How to Sum Selected Columns of an R Data Frame

Jesse John Feb 15, 2024
  1. Calculate the Sum of Selected Columns in R Using the rowSums() Function
  2. Calculate the Sum of Selected Columns in R Using the apply() Function
  3. Calculate the Sum of Selected Columns in R Using the dplyr Package
  4. Calculate the Sum of Selected Columns in R Using the Reduce Function
  5. Conclusion
How to Sum Selected Columns of an R Data Frame

Data manipulation is a fundamental aspect of data analysis, and R offers a myriad of tools for performing diverse operations on data frames. One common task is calculating the sum of selected columns, a crucial step in gaining insights into the cumulative values of specific variables.

In this article, we’ll explore several methods in R to achieve this objective, ranging from base R functions like rowSums() and apply() to the expressive capabilities of the dplyr package and the iterative power of the Reduce function.

Calculate the Sum of Selected Columns in R Using the rowSums() Function

In R, the rowSums() function is a powerful tool when it comes to calculating the sum of selected columns in a data frame.

The rowSums() function in R is designed to compute the sum of values across rows in a matrix or data frame. It takes a matrix-like object as input, and by specifying the columns you want to sum, you can easily obtain the sum for each row.

This function is particularly useful when you want to aggregate information across multiple columns. The basic syntax for using rowSums() is as follows:

new_column <- rowSums(data_frame[, selected_columns, drop = FALSE])

Where:

  • new_column: The name you choose for the new column that will store the sum.
  • data_frame: The name of your data frame.
  • selected_columns: The columns you want to include in the summation, specified either by column names or indices.
  • drop = FALSE: This argument ensures that the result remains a data frame, even if only one column is selected.

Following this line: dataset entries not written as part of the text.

-- ===== src/Capture/Ring.antt =====
-- The rings of DPDK between the cores, as a parameter: the calls that dpdk.c makes, and what their
-- documentation says of them in terms of the packets that a ring holds, oldest first.
use Prim.Native.Nat.{min}
use platform.Common.{ℕ, ◌-◌, ◌≤◌, ◌<◌, ◌≡◌, List, [], ◌∷◌, ◌++◌, length, take}

pub record RteRing (Pkt : Type 0) : Type 1 where
  pub Ring : Type 0
  pub contents : Ring → List Pkt
  pub size : Ring → ℕ
  pub free_count : Ring → ℕ
  pub enqueue : Ring → Pkt → Ring
  pub enqueue_burst : Ring → List Pkt → Ring × ℕ
  pub dequeue_burst : Ring → ℕ → Ring × List Pkt
  pub free_count_lem : (r : Ring) → free_count r ≡ size r - length (contents r)
  pub enqueue-room :
      (r : Ring) (p : Pkt)
      → length (contents r) < size r
      → contents (enqueue r p) ≡ contents r ++ p ∷ []
  pub enqueue-full :
      (r : Ring) (p : Pkt) → size r ≤ length (contents r) → contents (enqueue r p) ≡ contents r
  pub size-enqueue : (r : Ring) (p : Pkt) → size (enqueue r p) ≡ size r
  pub enqueue_burst-sent :
      (r : Ring) (ps : List Pkt)
      → (enqueue_burst r ps).1 ≡ min (length ps) (size r - length (contents r))
  pub enqueue_burst-contents :
      (r : Ring) (ps : List Pkt)
      → contents (enqueue_burst r ps).0 ≡ contents r ++ take (enqueue_burst r ps).1 ps
  pub size-enqueue_burst : (r : Ring) (ps : List Pkt) → size (enqueue_burst r ps).0 ≡ size r
  pub dequeue_burst-contents :
      (r : Ring) (n : ℕ) → contents r ≡ (dequeue_burst r n).1 ++ contents (dequeue_burst r n).0
  pub dequeue_burst-length :
      (r : Ring) (n : ℕ) → length (dequeue_burst r n).1 ≡ min n (length (contents r))
  pub size-dequeue_burst : (r : Ring) (n : ℕ) → size (dequeue_burst r n).0 ≡ size r
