-- ===== src/Double.antt =====
-- The `double` arithmetic that src/CaptureDpdk/hash.c, json.c and choice.c use, as a parameter.
use platform.Common.{ℕ, Option}
use platform.Common.Int.{ℤ}

-- `to_u16` is `none` where the truncated value does not fit a `uint16_t`, which C leaves undefined.
pub record Double : Type 1 where
  pub Num : Type 0
  pub from_int : ℤ → Num
  pub add : Num → Num → Num
  pub mul : Num → Num → Num
  pub div : Num → Num → Num
  pub to_int : Num → ℤ
  pub to_u16 : Num → Option ℕ
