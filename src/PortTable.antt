-- ===== src/PortTable.antt =====
-- The table from a port's speed to its weight and number of queues: src/CaptureDpdk/hash.c, and
-- `cJSON_to_struct_array` of json.c, which fills it. The hash table behind it is uthash and the
-- parser is cJSON, both parameters here: uthash as the record below, cJSON as the items that it
-- returns, a field that is missing being `none`.
pub mod Load
use platform.Common.{ℕ, zero, suc, ◌+◌, ◌≡◌, Option, none, some, List, [], ◌∷◌}
use platform.Common.{Outcome, ok, exited, fault, ◌>>=◌, length, ltb, if◌then◌else◌}
use platform.Common.Int.{ℤ, pos, negsuc, eqb_ℤ}
use platform.Double.{Double}

module _ (d : Double) where
  open d use {Num, from_int}

  -- `Hash` of hash.h, less the handle of uthash.
  pub record Entry : Type 0 where
    pub value1_weight : Num
    pub value2_queue_num : ℤ

  -- HASH_ADD_INT and HASH_FIND_INT. An added key that is not in the table yet is found, and all
  -- other keys are found as before.
  pub record Uthash : Type 1 where
    pub Table : Type 0
    pub null : Table
    pub add_int : Table → ℤ → Entry → Table
    pub find_int : Table → ℤ → Option Entry
    pub find_int-null : (k : ℤ) → find_int null k ≡ none
    pub find_int-add_int :
        (t : Table) (k : ℤ) (e : Entry) (j : ℤ)
        → find_int t k ≡ none
        → find_int (add_int t k e) j ≡ (if eqb_ℤ k j then some e else find_int t j)

  -- One element of the array `port_info` of the configuration.
  pub record Item : Type 0 where
    pub speed : Option ℤ
    pub weight : Option Num
    pub queue_num : Option ℤ

  -- The variables `speed`, `weight` and `queue_num`, which keep their values from item to item.
  pub record Current : Type 0 where
    pub speed : ℤ
    pub weight : Num
    pub queue_num : ℤ

abbrev pub or_else {ℓ} : {A : Type ℓ} → Option A → A → A
or_else none a = a
or_else (some x) a = x

-- The size of `worker` in `dofile`.
abbrev pub worker_size : ℕ
worker_size = 3

module _ (d : Double) (u : Uthash d) where
  open d use {Num, from_int}
  open u use {Table, add_int, find_int}

  unfoldable pub add : Table → ℤ → Num → ℤ → Table
  add t key value1 value2 =
      add_int t key (record { value1_weight = value1; value2_queue_num = value2 })

  unfoldable pub find_weight : Table → ℤ → Num
  find_weight t key = elim (find_int t key) [
    | some s ↦ s.value1_weight
    | none ↦ from_int (negsuc 0)
  ]

  unfoldable pub find_queue : Table → ℤ → ℤ
  find_queue t key = elim (find_int t key) [ some s ↦ s.value2_queue_num | none ↦ negsuc 0 ]

  -- Whether a field of the item is written to `worker[i]`.
  pub writes : Item d → Option (Unit {0})
  writes it = elim it.speed [
    | some s ↦ some tt
    | none ↦ elim it.weight [
      | some w ↦ some tt
      | none ↦ elim it.queue_num [ some q ↦ some tt | none ↦ none ]
    ]
  ]

  unfoldable pub next_values : Current d → Item d → Current d
  next_values c it = record {
    speed = or_else it.speed c.speed;
    weight = or_else it.weight c.weight;
    queue_num = or_else it.queue_num c.queue_num;
  }

  -- The loop over the items from index `i` on.
  unfoldable pub load_items : ℕ → List (Item d) → Current d → Table → Outcome Table
  load_items i [] c t = ok t
  load_items i (it ∷ items) c t =
      let c' = next_values c it in
      let rest = load_items (i + 1) items c' (add t c'.speed c'.weight c'.queue_num) in
      if ltb i worker_size then rest else elim (writes it) [ some x ↦ fault | none ↦ rest ]

  -- `none` for a text that does not parse, or has no `port_info`. The printing after the loop reads
  -- `worker` up to the number of items.
  unfoldable pub c_json_to_struct_array : Option (List (Item d)) → Table → Outcome Table
  c_json_to_struct_array none t = ok t
  c_json_to_struct_array (some items) t = do
    t' ←
        load_items 0 items (record { speed = pos 0; weight = from_int (pos 0); queue_num = pos 0 })
          t
    if ltb worker_size (length items) then fault else ok t'
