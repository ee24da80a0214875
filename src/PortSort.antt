-- ===== src/PortSort.antt =====
-- The list of ports by falling speed, src/CaptureDpdk/structure.c: nodes on an explicit heap, since
-- `addNode` receives the caller's head pointer by value. A node's address is its place in the heap;
-- `malloc` takes the next free one and does not fail. `free` is never called.
pub mod Chain
pub mod Insert
pub mod Visible
use platform.Common.{ℕ, zero, suc, ◌%◌, ◌^◌, Option, none, some, List, [], ◌∷◌, ◌++◌}
use platform.Common.{Outcome, ok, fault, ◌>>=◌, expect, length, get_elem?, set, if◌then◌else◌}
use platform.Common.Int.{ℤ, negsuc, ltb_ℤ, unsigned}

-- `port_sort`; `next` is an address, `none` for NULL.
pub record Node : Type 0 where
  pub speed : ℤ
  pub port_number : ℕ
  pub next : Option ℕ

abbrev pub Heap : Type 0
Heap = List Node

-- A read through a pointer.
abbrev pub node : Heap → ℕ → Outcome Node
node h a = expect (get_elem? h a)

-- The new heap and the address of the new node. `port_number` is a `uint8_t`.
unfoldable pub creat_node : Heap → ℤ → ℤ → Heap × ℕ
creat_node h speed port_id =
    (h ++ record { speed = speed; port_number = unsigned 8 port_id; next = none } ∷ [], length h)

-- `newnode->next = pre->next; pre->next = newnode;`
pub link : Heap → ℕ → ℕ → Outcome Heap
link h pre new = do
  p ← node h pre
  n ← node h new
  let h1 = set h new (record n { next = p.next })
  q ← node h1 pre
  ok (set h1 pre (record q { next = some new }))

-- The loop of `addNode` with `cur` and `pre`, and the two writes after it. Fuel that runs out is a
-- list that does not end.
pub splice : ℕ → Heap → Option ℕ → ℕ → ℕ → Outcome Heap
splice zero h cur pre new = fault
splice (suc fuel) h none pre new = link h pre new
splice (suc fuel) h (some c) pre new =
    let advance = (do
      n ← node h c
      p ← node h pre
      pre' ← expect p.next
      splice fuel h n.next pre' new) in
    do n ← node h c; m ← node h new; if ltb_ℤ m.speed n.speed then advance else link h pre new

-- The list has no more nodes than the heap, which bounds the rounds. The changed head,
-- `sort = dummy->next`, is a local variable of the function and is dropped.
pub add_node : Heap → Option ℕ → ℤ → ℤ → Outcome Heap
add_node h sort speed port_id =
    let (h1, newnode) = creat_node h speed port_id in
    let (h2, dummy) = creat_node h1 (negsuc 0) (negsuc 0) in
    do
      d ← node h2 dummy
      splice (suc (length h)) (set h2 dummy (record d { next = sort })) sort dummy newnode
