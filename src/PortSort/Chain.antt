-- ===== src/PortSort/Chain.antt =====
-- What a pointer to a list of ports means: the nodes that it reaches, in order.
use platform.Common.{ℕ, ◌≤◌, ◌≡◌, ◌≢◌, Option, none, some, List, [], ◌∷◌, ◌++◌}
use platform.Common.{arith, ◌∙◌, length, get_elem?, set, get_elem?-set_ne, get_elem?-append_lt}
use platform.Common.{sym, get_elem?-lt}
use platform.Common.Int.{ℤ}
use platform.PortSort.{Node, Heap}

-- A node at its address, less its `next`.
pub record Cell : Type 0 where
  pub place : ℕ
  pub speed : ℤ
  pub port : ℕ

abbrev pub node_of : Cell → Option ℕ → Node
node_of c n = record { speed = c.speed; port_number = c.port; next = n }

-- From `p` the heap has these cells, and then NULL.
abbrev pub Chain : Heap → Option ℕ → List Cell → Type 0
Chain h p [] = p ≡ none
Chain h p (c ∷ cs) =
    (p ≡ some c.place) × (n : Option ℕ) × (get_elem? h c.place ≡ some (node_of c n)) × Chain h n cs

-- No cell stands at the address.
abbrev pub Avoids : ℕ → List Cell → Type 0
Avoids a [] = Unit
Avoids a (c ∷ cs) = (c.place ≢ a) × Avoids a cs

-- The cells stand at different addresses.
abbrev pub Apart : List Cell → Type 0
Apart [] = Unit
Apart (c ∷ cs) = Avoids c.place cs × Apart cs

-- A write elsewhere keeps the chain.
pub Chain-set :
    (h : Heap) (p : Option ℕ) (cs : List Cell) (a : ℕ) (v : Node)
    → Avoids a cs
    → Chain h p cs
    → Chain (set h a v) p cs
Chain-set h p [] a v out k = k
Chain-set h p (c ∷ cs) a v out k = (
  k.0,
  k.1,
  get_elem?-set_ne h a c.place v (λ e. out.0 (sym e)) ∙ k.2,
  Chain-set h k.1 cs a v out.1 k.3,
)

-- So does an allocation.
pub Chain-append :
    (h : Heap) (p : Option ℕ) (cs : List Cell) (ys : List Node)
    → Chain h p cs
    → Chain (h ++ ys) p cs
Chain-append h p [] ys k = k
Chain-append h p (c ∷ cs) ys k = (
  k.0,
  k.1,
  get_elem?-append_lt h ys c.place (get_elem?-lt h c.place k.2) ∙ k.2,
  Chain-append h k.1 cs ys k.3,
)

-- An address beyond the heap is not on a chain.
pub Chain-Avoids :
    (h : Heap) (p : Option ℕ) (cs : List Cell) (a : ℕ) → length h ≤ a → Chain h p cs → Avoids a cs
Chain-Avoids h p [] a fresh k = tt
Chain-Avoids h p (c ∷ cs) a fresh k =
    ((λ e. absurd (omega (arith, get_elem?-lt h c.place k.2))), Chain-Avoids h k.1 cs a fresh k.3)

Let’s consider a practical example using a data frame named df_students. This data frame contains information about students, including their hobbies and scores in Math, Statistics, and Programming.

# Create five variables.
Student = c("Student A", "Student B", "Student C")
Hobby = c("Music", "Sports", "Cycling")
Maths = c(40, 35, 30)
Statistics = c(30, 35, 20)
Programming = c(25, 20, 35)

# Create a data frame from the variables.
df_students = data.frame(Student, Hobby, Maths, Statistics, Programming)

Now, let’s use the rowSums() function to calculate the sum of the columns Maths, Statistics, and Programming and store the result in a new column named myRowSums.

# Calculate the sum and create a new column.
df_students$myRowSums = rowSums(df_students[, c("Maths", "Statistics", "Programming")])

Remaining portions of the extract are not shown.